Сезон охоты на людей
Часть 46 из 95 Информация о книге
Для доступа к библиотеке пройдите авторизацию
Глава 25
Черные псы были повсюду. Они визгливо лаяли на него по ночам, не давая ему спать, они то и дело врывались в его сновидения, нарушая их своим адским шумом, они заставляли его просыпаться чуть свет с чувством раздражения, горечи и усталости.
Откуда брались эти сны? Может быть, они оставались от дурных старых времен? Или были всего лишь воплощением той меланхолии, которая привязывается к мужчине, когда он начинает понимать, что никогда уже не сможет стать таким, каким был прежде, до того, как ему стукнуло полсотни, что его тело, и зрение, и острота чувств, и упорство – все идет на убыль? Или они являлись порождением какой-то печали, гнездящейся в самых недрах его существа, печали, от которой невозможно укрыться?
Боб этого не знал. Единственное, что он знал, так это то, что, как обычно, пробудился с головной болью. Еще не наступил рассвет, но его жена Джулия уже ушла в конюшню и седлала лошадей. Она упорно цеплялась за свои привычки даже на протяжении его самого черного времени. Рано утром садись в седло, упорно трудись и никогда не жалуйся. Какая женщина! Как он любил ее! Как он нуждался в ней! Как плохо обращался с нею!
Его мучило похмелье, но это была лишь мечта о боли, сопровождающей запой. Он не прикасался к спиртному с 1985 года. И не нуждался в нем. Он потратил на пьянство почти полтора десятилетия, потерял свой первый брак, большую часть друзей, половину своих воспоминаний, несколько рабочих мест и большие перспективы; все это было смыто алкоголем.
Никакого спиртного. Он был способен на это. Каждый день был первым днем его оставшейся жизни.
«Боже мой, как же мне нужно выпить», – думал он сегодня, как, впрочем, и каждый день по утрам. Насколько же он хотел этого! Бурбон был его отравой, прекрасной и ласковой, он затягивал дымной завесой все плохое и показывал мир через сияющую пелену. С бурбоном он не чувствовал никакой боли, не испытывал никакого раскаяния, не знал никаких дурных мыслей – нужно было только выпить еще бурбона.
Бедро болело. Необъяснимо, но после того, как оно столько лет почти не давало о себе знать, оно снова начало болеть, и эта боль возвращалась снова и снова. Ему нужно было перестать пожирать ибупрофен, посетить врача и посоветоваться по этому поводу, но он, неизвестно почему, не мог заставить себя сделать это.

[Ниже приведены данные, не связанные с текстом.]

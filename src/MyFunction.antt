-- ===== src/MyFunction.antt =====
-- my_function/my_function.hpp: wrappers of callable objects, which keep the object in a buffer of their
-- own or on the heap. A wrapper is named by a number, its address.
pub mod Leads
pub mod Lifetimes
pub mod Operations
pub mod Ops
pub mod Assign
pub mod Primitives
pub mod Programs
pub mod Values
mod Tests
use low_level_cpp.Base.{
  ℕ, ◌%◌, ◌<◌, Bool, true, false, ◌&&◌, not, Option, none, some, List, [], ◌∷◌, ◌==◌, if◌then◌else◌,
  leb,
}
use low_level_cpp.Base.Store.{update}

-- What the wrapper uses of the types of callable objects and of the heap: the size and the alignment
-- of a model, what a call does to an object and returns, what is left of an object that was moved
-- from, and where `new` finds memory.
pub record Platform (F A R : Type 0) : Type 0 where
  pub size : F → ℕ
  pub alignment : F → ℕ
  pub max_alignment : ℕ
  pub invoke : A → F → F × R
  pub leftover : F → F
  pub new_address : (ℕ → Option F) → Option ℕ

-- `CallableBase *`: null, a buffer of a wrapper, or an address of the heap.
pub data Callable : Type 0 where
  null : Callable
  in_buffer : (owner : ℕ) → Callable
  on_heap : (address : ℕ) → Callable

-- The objects in the buffers and on the heap, and the field `callable_` of each wrapper.
pub record Store (F : Type 0) : Type 0 where
  pub buffer : ℕ → Option F
  pub heap : ℕ → Option F
  pub callable : ℕ → Callable

-- How an operation ends. `undefined` is undefined behaviour.
pub data Outcome (F R : Type 0) : Type 0 where
  ends : Store F → Outcome F R
  returns : R → Store F → Outcome F R
  bad_alloc : Store F → Outcome F R
  bad_function_call : Store F → Outcome F R
  undefined : Outcome F R

-- `SBO_SIZE`
abbrev pub sbo_size : ℕ
sbo_size = 32

abbrev pub points_to : ℕ → Callable → Bool
points_to i null = false
points_to i (in_buffer j) = i == j
points_to i (on_heap p) = false

abbrev pub has_callable : Callable → Bool
has_callable null = false
has_callable (in_buffer j) = true
has_callable (on_heap p) = true

module _ {F : Type 0} where
  abbrev pub set_callable : ℕ → Callable → Store F → Store F
  set_callable i c s = record s { callable = update s.callable i c }

  abbrev pub set_buffer : ℕ → Option F → Store F → Store F
  set_buffer i f s = record s { buffer = update s.buffer i f }

  abbrev pub set_heap : ℕ → Option F → Store F → Store F
  set_heap p f s = record s { heap = update s.heap p f }

  -- `callable_ = new (buffer_) …(f)`
  abbrev pub place : ℕ → F → Store F → Store F
  place i f s = set_callable i (in_buffer i) (set_buffer i (some f) s)

  unfoldable pub is_sbo : ℕ → Store F → Bool
  is_sbo i s = points_to i (s.callable i)

  -- The object that a pointer leads to, if it is alive.
  abbrev pub object : Callable → Store F → Option F
  object null s = none
  object (in_buffer j) s = s.buffer j
  object (on_heap p) s = s.heap p

  abbrev pub set_object : Callable → F → Store F → Store F
  set_object null f s = s
  set_object (in_buffer j) f s = set_buffer j (some f) s
  set_object (on_heap p) f s = set_heap p (some f) s

  -- `callable_->destroy()`
  abbrev pub destroy : Callable → Store F → Option F → Option (Store F)
  destroy c s none = none
  destroy null s (some f) = none
  destroy (in_buffer j) s (some f) = some (set_buffer j none s)
  destroy (on_heap p) s (some f) = some (set_heap p none s)

  -- `delete callable_`, which only memory of the heap may be given to.
  abbrev pub delete_object : Callable → Store F → Option F → Option (Store F)
  delete_object null s f = some s
  delete_object (in_buffer j) s f = none
  delete_object (on_heap p) s none = none
  delete_object (on_heap p) s (some f) = some (set_heap p none s)

  abbrev pub reset_callable : ℕ → Option (Store F) → Option (Store F)
  reset_callable i none = none
  reset_callable i (some s) = some (set_callable i null s)

  unfoldable pub clear : ℕ → Store F → Option (Store F)
  unfolding is_sbo
  clear i s =
      let c = s.callable i in
      if has_callable c
      then reset_callable i
          (if is_sbo i s then destroy c s (object c s) else delete_object c s (object c s))
      else some s

  -- `function()` and `function(nullptr_t)`: memory that is not in use becomes a wrapper.
  abbrev pub construct_null : ℕ → Store F → Store F
  construct_null i s = set_callable i null s

  -- `operator bool`
  unfoldable pub to_bool : ℕ → Store F → Bool
  to_bool i s = has_callable (s.callable i)

  module _ {R : Type 0} where
    abbrev pub ended : Option (Store F) → Outcome F R
    ended none = undefined
    ended (some s) = ends s

    -- `~function()`
    unfoldable pub destruct : ℕ → Store F → Outcome F R
    unfolding clear
    destruct i s = ended (clear i s)

    -- `operator=(nullptr_t)`
    unfoldable pub assign_null : ℕ → Store F → Outcome F R
    unfolding clear
    assign_null i s = ended (clear i s)

module _ {F A R : Type 0} (platform : Platform F A R) where
  unfoldable pub fits_in_sbo : F → Bool
  fits_in_sbo f =
      leb (platform.size f) sbo_size && platform.max_alignment % platform.alignment f == 0

  abbrev pub allocate_at : ℕ → F → Store F → Option ℕ → Outcome F R
  allocate_at i f s none = bad_alloc s
  allocate_at i f s (some p) = ends (set_callable i (on_heap p) (set_heap p (some f) s))

  -- `callable_ = new …(f)`
  abbrev pub allocate : ℕ → F → Store F → Outcome F R
  allocate i f s = allocate_at i f s (platform.new_address s.heap)

  -- `function(F &&f)`
  unfoldable pub construct : ℕ → F → Store F → Outcome F R
  unfolding fits_in_sbo
  construct i f s =
      if fits_in_sbo f
      then ends (place i f (construct_null i s))
      else allocate i f (construct_null i s)

  -- `clone` into the buffer of `i`, or onto the heap.
  abbrev pub clone : ℕ → Bool → Option F → Store F → Outcome F R
  clone i into_buffer none s = undefined
  clone i true (some f) s = ends (place i f s)
  clone i false (some f) s = allocate i f s

  -- What the copy constructor and the copy assignment have in common.
  unfoldable pub copy_from : (i j : ℕ) → Store F → Outcome F R
  unfolding is_sbo
  copy_from i j s =
      if has_callable (s.callable j)
      then clone i (is_sbo j s) (object (s.callable j) s) s
      else ends s

  unfoldable pub copy_construct : (i j : ℕ) → Store F → Outcome F R
  unfolding copy_from
  copy_construct i j s = copy_from i j (construct_null i s)

  -- `move_clone` into the buffer of `i`, and `other.clear()`.
  unfoldable pub move_object : (i j : ℕ) → Option F → Store F → Outcome F R
  unfolding clear
  move_object i j none s = undefined
  move_object i j (some f) s =
      ended (clear j (place i f (set_object (s.callable j) (platform.leftover f) s)))

  unfoldable pub move_from : (i j : ℕ) → Store F → Outcome F R
  unfolding is_sbo move_object
  move_from i j s =
      if has_callable (s.callable j)
      then if is_sbo j s
        then move_object i j (object (s.callable j) s) s
        else ends (set_callable j null (set_callable i (s.callable j) s))
      else ends s

  unfoldable pub move_construct : (i j : ℕ) → Store F → Outcome F R
  unfolding move_from
  move_construct i j s = move_from i j (construct_null i s)

  abbrev pub behind : Option (Store F) → (Store F → Outcome F R) → Outcome F R
  behind none k = undefined
  behind (some s) k = k s

  -- `operator=(const function &)`
  unfoldable pub copy_assign : (i j : ℕ) → Store F → Outcome F R
  unfolding clear copy_from
  copy_assign i j s = if i == j then ends s else behind (clear i s) (copy_from i j)

  -- `operator=(function &&)`
  unfoldable pub move_assign : (i j : ℕ) → Store F → Outcome F R
  unfolding clear move_from
  move_assign i j s = if i == j then ends s else behind (clear i s) (move_from i j)

  abbrev pub invoked : Callable → Option (F × R) → Store F → Outcome F R
  invoked c none s = undefined
  invoked c (some (f, r)) s = returns r (set_object c f s)

  abbrev pub invoke_object : A → Option F → Option (F × R)
  invoke_object a none = none
  invoke_object a (some f) = some (platform.invoke a f)

  -- `operator()`
  unfoldable pub call : ℕ → A → Store F → Outcome F R
  call i a s =
      let c = s.callable i in
      if has_callable c then invoked c (invoke_object a (object c s)) s else bad_function_call s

«У тебя снова боли, – опять скажет ему жена. – Я-то вижу. Ты не жалуешься, но лицо у тебя белое, как снег, ты с трудом ходишь и слишком уж часто вздыхаешь. Меня не обманешь. Тебе обязательно нужно кое с кем встретиться».
Он отвечал ей на эти слова так же, как отвечал в такие дни всем: кислой гримасой, яростным упрямством и мрачным уходом в состояние, которое она когда-то назвала стеной бобства, этакое сугубо личное убежище, в которое он скрывался от людей и куда не допускался никто, даже его жена и мать его единственного ребенка.
Боб долго стоял под душем, пытаясь согреться под струями горячей воды. Но легче ему от этого не стало. Когда он вышел, боль оставалась такой же сильной, как и прежде. Он открыл шкафчик с лекарствами, взял три или четыре таблетки ибупрофена и проглотил, не запивая. Это все бедро. Боль в нем была тупой, как от сильного ушиба кости она пульсировала, и ей отзывались боли во множестве других мест: и в коленях, и в голове, и в руках. За эти годы он был ранен столько раз, что все его тело покрывала паутина шрамов, которые говорили о том, что ему пришлось побывать во множестве передряг и при этом ему сопутствовало немалое везение.
Он натянул ветхие джинсы, клетчатую рубашку и пару добрых старых ботинок «Тони Ламас», к которым относился как к своим лучшим друзьям. Потом спустился в кухню, обнаружил, что кофе еще горячий, и налил себе чашку. Телевизор был включен.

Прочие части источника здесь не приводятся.